Now, in many problems, we treat 𝑔
as if it’s just a constant. Generally, we say it has a value of
9.81 meters per second squared. However, this is just the
acceleration due to gravity near the surface of the Earth. And if we travel to the Moon as in
this question, then the acceleration due to gravity is different. So it’s important to realize that,
in this question, 𝑔 is a variable.
Conversely, since we’re just
considering one pendulum, the length is effectively a constant. So in this question, we’re being
asked to calculate the period of the pendulum on the moon, which we can call 𝑇 m,
based on the period of the pendulum on Earth, which we’ve been given. And to make a distinction, we’ll
call this 𝑇 e.
In situations like this, since
we’re effectively comparing 𝑇 m and 𝑇 e, it’s useful to attempt to calculate the
ratio between them.
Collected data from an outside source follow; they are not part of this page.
-- ===== src/Intercept/Boundary.antt =====
-- Which names a DNS suffix covers: proofs about `HostMatch::matches`.
use eggreplay.Intercept.Hosts.{IpAddresses, dns}
use eggreplay.Prelude.{
  Bool-cases, [], ap, arith, inl, inr, refl, sym, true, ◌++◌, ◌==◌, ◌↔◌, ◌∷◌, ◌≡◌, ◌⊎◌, nat_eq,
  list_eq, option_eq, pair_eq, ==_iff, ==_intro, ==_refl,
}
use eggreplay.Bytes.{Bytes, ends_with}
use eggreplay.Intercept.Rules.{host_matches, suffix_dns}

-- Bytes that end in others are those after some prefix.
ends_with_sound : (p s : Bytes) → ends_with p s ≡ true → (q : Bytes) × (s ≡ q ++ p)
unfolding ends_with
ends_with_sound [] [] h = ([], refl)
ends_with_sound (b ∷ p) [] h = absurd (cc h)
ends_with_sound p (c ∷ s) h = elim (Bool-cases (p == c ∷ s)) [
  | inl same ↦ ([], sym ((==_iff p (c ∷ s)).0 same))
  | inr other ↦ let (q, e) = ends_with_sound p s (ground arith) in (c ∷ q, ap (◌∷◌ c) e)
]

ends_with-append : (p q : Bytes) → ends_with p (q ++ p) ≡ true
unfolding ends_with
ends_with-append [] [] = refl
ends_with-append (b ∷ p) [] = ground (arith, ==_refl (b ∷ p))
ends_with-append p (c ∷ q) = ground (arith, ends_with-append p q)

-- A suffix rule matches a name exactly if the name is the suffix itself or ends in it behind a dot:
-- it never matches in the middle of a label.
pub host_matches-suffix_dns :
    (ips : IpAddresses) (parent name : Bytes)
    → (host_matches ips (suffix_dns parent) (dns name) ≡ true)
      ↔ ((name ≡ parent) ⊎ ((q : Bytes) × (name ≡ q ++ b'.' ∷ parent)))
unfolding host_matches
host_matches-suffix_dns ips parent name = (
  λ h. elim (Bool-cases (name == parent)) [
    | inl same ↦ inl ((==_iff name parent).0 same)
    | inr other ↦ inr (ends_with_sound (b'.' ∷ parent) name (ground arith))
  ],
  λ either. elim either [
    | inl same ↦ rw (==_intro same) refl
    | inr (q, same) ↦ rw same (ground (arith, ends_with-append (b'.' ∷ parent) q))
  ],
)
In other words, it’s useful to
calculate 𝑇 m over 𝑇 e. Using this formula, we can say that
𝑇 m is approximately equal to two 𝜋 multiplied by the square root of the length of
the pendulum 𝐿 divided by the acceleration due to gravity on the surface of the
Moon 𝑔 m. And 𝑇 e is equal to the same
expression, but this time with the gravitational acceleration on Earth 𝑔 e.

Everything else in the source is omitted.